The learned counsel for defendant do not go so far in their brief as the defendant goes in his affidavit. In the brief it is said:

*275“Now, we earnestly submit that subsection 10 is a general provision, and as aforesaid applies absolutely and unequivocally to all matters that bave been passed upon by the State board of equalization. However, section 31 is a special provision applying only to the enumerated class of cases mentioned therein, and therefore in our opinion a proper construction of these two sections taken together is that all matters concerning the valuation of properties when passed upon by the State board of equalization are final, except in those cases which are. mentioned in section 31, .and which are exceptions to the general rule of finality.”

This construction is assented to in the reply brief of complainant’s counsel.

It is perceived that it is the same in substance as that reached by the court upon an extended review and comparison of all of the provisions of the statute applicable.

So, the court and the counsel upon both sides are at one on the' proposition that proceedings for back assessments falling within the provisions of section 31 are in nowise precluded by the provisions of subsection 10 of section 38, but may be instituted and carried to a conclusion under section 31 and subsection 11 of section 38.

This would seem to end the controversy by a general accord. Counsel for defendant, however, insist that the case before us does not fall within the several grounds for back assessment, or any of them, set forth *276in section 31. But counsel are precluded from making this point by the language of the original opinion in this cause. In that opinion we said:

. “Before directly taking up for consideration the points in the demurrer, we deem it proper to say that we think the facts stated in the bill, which we have set out, make out a case for the jurisdiction of the county trustee to reassess or back assess the property of the Memphis Street Railway Company, within subdivisions 2, 3, and 5 of section 31, above set out, of chapter 258 of the Acts of 1903.”

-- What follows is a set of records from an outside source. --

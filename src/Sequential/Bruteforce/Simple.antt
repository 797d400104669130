-- ===== src/Sequential/Bruteforce/Simple.antt =====
-- `count_simple_cycles` against the specification of cycle enumeration.
use cycle_enumeration_gpu.Prelude.{
  ℕ, zero, suc, ◌<◌, ◌≡◌, refl, ap, false, ◌&&◌, List, [], ◌∷◌, Option, leb, ◌==◌, length, mem, set,
  range, All-range, arith, inl, inr, Bool-cases, Result, ok, err, ◌>>=◌, ◌>>◌,
}
use cycle_enumeration_gpu.Core.Histogram.{CycleHistogram, no_cycles, increment_all}
use cycle_enumeration_gpu.Core.Histogram.Laws.{increment_all-nil, increment_all-one}
use cycle_enumeration_gpu.Core.GraphView.{AdjacencyEntry, GraphView}
use cycle_enumeration_gpu.Core.GraphView.Rows.{IsValid, outgoing_of, row_lem, row_of-All}
use cycle_enumeration_gpu.Cycles.{
  at_limit, cycle_length, cycles_via, cycles_from, cycles_at, all_cycles, tally,
}
use cycle_enumeration_gpu.Cycles.Marks.{
  marks, get-marks, set-marks, unset-marks, replicate-marks, spare, spare-cons, spare-nil,
}
use cycle_enumeration_gpu.Cycles.Views.{successors, tally-successors, view_cycles}
use cycle_enumeration_gpu.Cycles.Runs.{for_each-Runs, after_all, returned_histogram, tally-flat_map}
use cycle_enumeration_gpu.Sequential.Bruteforce.{
  Search, enter, leave, simple_edge, simple_dfs, simple_root, count_simple_cycles,
  validate_max_cycle_length,
}

-- The state of a search that is at the end of `path`.
abbrev pub searching : ℕ → List ℕ → CycleHistogram → Search
searching n path h = record { histogram = h; visited = marks n path; path = path }

module _ (g : GraphView) (limit : Option ℕ) (root : ℕ) where
  -- What the call of `dfs` at a new vertex is to do.
  abbrev Explores : (ℕ → Search → Result Search) → (ℕ → List ℕ → List (List ℕ)) → List ℕ → Type 0
  Explores call deeper path =
      (v : ℕ) (h : CycleHistogram)
      → v < g.vertex_count
      → mem v path ≡ false
      → call v (searching g.vertex_count (v ∷ path) h) ≡ (
          increment_all (tally (deeper v (v ∷ path))) h >>= λ h'.
          ok (searching g.vertex_count (v ∷ path) h'))

  call_returns :
      (call : ℕ → Search → Result Search) (deeper : ℕ → List ℕ → List (List ℕ)) (path : List ℕ)
      → Explores call deeper path
      → (v : ℕ) (h : CycleHistogram) → v < g.vertex_count
      → mem v path ≡ false
      → (call v (enter v (searching g.vertex_count path h)) >>= λ t. ok (leave v t)) ≡ (
          increment_all (tally (deeper v (v ∷ path))) h >>= λ h'.
          ok (searching g.vertex_count path h'))
  call_returns call deeper path calls v h lt new =
      rw (set-marks g.vertex_count v path, calls v h lt new)
        (elim (increment_all (tally (deeper v (v ∷ path))) h)
          as (λ r.
            (r >>= (λ h'. ok (searching g.vertex_count (v ∷ path) h')) >>= λ t. ok (leave v t))
            ≡ (r >>= λ h'. ok (searching g.vertex_count path h'))) [
              | ok h' ↦ rw (unset-marks g.vertex_count v path new)
              | err x ↦ refl
            ])

  simple_edge-Runs :
      (call : ℕ → Search → Result Search) (deeper : ℕ → List ℕ → List (List ℕ)) (path : List ℕ)
      → Explores call deeper path
      → (e : AdjacencyEntry) (h : CycleHistogram) → e.vertex < g.vertex_count
      → simple_edge g limit call root e (searching g.vertex_count path h) ≡ (
          increment_all (tally (cycles_via (successors g) limit root deeper path e.vertex)) h
          >>= λ h'. ok (searching g.vertex_count path h'))
  unfolding simple_edge
  simple_edge-Runs call deeper path calls e h lt =
      elim (Bool-cases (e.vertex == root && leb 2 (length path))) [
        | inl closes ↦ rw (closes, increment_all-one (cycle_length path) 1 h)
        | inr open_ ↦ rw open_ (elim (Bool-cases (leb e.vertex root)) [
          | inl below ↦ rw (below, increment_all-nil h)
          | inr above ↦
              rw (above, get-marks g.vertex_count e.vertex path lt)
                (elim (Bool-cases (mem e.vertex path)) [
                  | inl seen ↦ rw (seen, increment_all-nil h)
                  | inr new ↦ rw new (elim (Bool-cases (at_limit limit (length path))) [
                    | inl far ↦ rw (far, increment_all-nil h)
                    | inr near ↦ rw near (call_returns call deeper path calls e.vertex h lt new)
                  ])
                ])
        ])
      ]

  pub simple_dfs-Runs :
      IsValid g
      → (fuel v : ℕ) (path : List ℕ) (h : CycleHistogram) → v < g.vertex_count
      → spare g.vertex_count path < fuel
      → simple_dfs g limit fuel root v (searching g.vertex_count path h) ≡ (
          increment_all (tally (cycles_from (successors g) limit root fuel v path)) h >>= λ h'.
          ok (searching g.vertex_count path h'))
  unfolding simple_dfs cycles_from
  simple_dfs-Runs valid zero v path h lt f = absurd (omega arith)
  simple_dfs-Runs valid (suc fuel) v path h lt f =
      let deeper = cycles_from (successors g) limit root fuel in
      let calls : Explores (simple_dfs g limit fuel root) deeper path = λ w h' ltw new.
        simple_dfs-Runs valid fuel w (w ∷ path) h' ltw
          (omega (arith, spare-cons g.vertex_count w path ltw new)) in
      rw
        (
          row_lem valid.outgoing v lt,
          tally-successors (cycles_via (successors g) limit root deeper path) (outgoing_of g v),
        )
        (for_each-Runs (simple_edge g limit (simple_dfs g limit fuel root) root)
          (λ (e : AdjacencyEntry).
            tally (cycles_via (successors g) limit root deeper path e.vertex))
          (λ h' (c : Unit {0}). searching g.vertex_count path h') (λ e c. c)
          (λ e. e.vertex < g.vertex_count)
          (λ e h' c lte. simple_edge-Runs (simple_dfs g limit fuel root) deeper path calls e h' lte)
          (outgoing_of g v) h tt (row_of-All _ g.outgoing_offsets g.outgoing_edges v valid.targets))

  -- Between two roots no vertex is marked, and the path is what the last root left.
  simple_root-Runs :
      IsValid g
      → (h : CycleHistogram) (left : List ℕ) → root < g.vertex_count
      → simple_root g limit root (record (searching g.vertex_count [] h) { path = left }) ≡ (
          increment_all (tally (cycles_at (successors g) limit g.vertex_count root)) h >>= λ h'.
          ok (record (searching g.vertex_count [] h') { path = root ∷ [] }))
  unfolding simple_root cycles_at
  simple_root-Runs valid h left lt =
      let n = g.vertex_count in
      let room = spare-cons n root [] lt refl in
      rw
        (
          set-marks n root [],
          simple_dfs-Runs valid n root (root ∷ []) h lt (omega (arith, room, spare-nil n)),
        )
        (elim (increment_all (tally (cycles_from (successors g) limit root n root (root ∷ []))) h)
          as (λ r.
            (r >>= (λ h'. ok (searching n (root ∷ []) h')) >>= λ t.
            ok (record t { visited = set t.visited root false }))
            ≡ (r >>= λ h'. ok (record (searching n [] h') { path = root ∷ [] }))) [
              | ok h' ↦ rw (unset-marks n root [] refl)
              | err x ↦ refl
            ])

-- On a valid view the counter refuses a limit below 2; else it reads no vector beyond its end, does
-- not run out of fuel, and adds one to the length of each simple cycle of the view, in the order in
-- which the specification lists them. It fails only if that addition overflows.
pub count_simple_cycles_lem :
    (g : GraphView) (limit : Option ℕ)
    → IsValid g
    → count_simple_cycles g limit
      ≡ (validate_max_cycle_length limit >> increment_all (tally (view_cycles g limit)) no_cycles)
unfolding count_simple_cycles all_cycles
count_simple_cycles_lem g limit valid =
    let n = g.vertex_count in
    let loop =
      for_each-Runs (simple_root g limit) (λ root. tally (cycles_at (successors g) limit n root))
        (λ h path. record (searching n [] h) { path = path }) (λ root path. root ∷ [])
        (λ root. root < n) (λ root h path. simple_root-Runs g limit root valid h path) (range n)
        no_cycles [] (All-range n) in
    rw (replicate-marks n, loop, tally-flat_map (cycles_at (successors g) limit n) (range n))
      (ap (λ r. validate_max_cycle_length limit >> r)
        (returned_histogram _
          (λ h. record (searching n [] h) {
            path = after_all (λ root path. root ∷ []) (range n) [];
          })
          (λ t. t.histogram) (λ h. refl)))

That determination cannot be reopened after the close of the term, nor could it be at any time made in the form of the present application. Besides, we are content with it as it stands, believing it to be perfectly sound and just.

In view of the construction given to the act, and our holding that the controversy as set forth in the bill falls within the provisions of section 31, no other conclusion is possible than that a proper case was stated for the jurisdiction of the county trustee; that the affidavit fails to show any reason why he should not take jurisdiction and proceed with the hearing of the case; in short, that it appears the defendant has no valid defense to offer against the issuance of the peremptory writ of mandamus, and the same order must be made upon this subject which was directed to be made near the close of the original opinion.

There is nothing in the numerous authorities cited *277in defendant’s brief that gainsays tbe conclusion we have reached. The whole matter turns upon the construction of our statute.

The question is argued in the brief of defendant’s counsel whether subsection 6 of section 31 of the act merely provides the means by which relief is to be had under the several grounds set out in subsection 1 to 5, inclusive, or whether, in addition, it contains a sixth ground, viz., the mere fact that the property was not originally assessed at its actual cash value. The defendant’s counsel insist that the former is the correct view, and that the latter is wholly inadmissible. The complainant’s counsel insist that the case presented by the bill is one of an undervaluation so gross as to place the subject-matter in the category of omitted property. We deem a consideration of these questions out of place here, since, as already stated, it was held in the original opinion that the bill made out a case under subsections 2, 3, and 5, of section.31 of chapter 258 of the Acts of 1903, and the affidavit filed by defendant under permission given at the last term shows no reason why he should not take jurisdiction and proceed to the discharge of his duty in the hearing and determination of the cause brought before him.

Let the order as above indicated be made for a remand to the chancellor with the direction to issue a peremptory mandamus.

The defendant will pay the costs of this proceeding.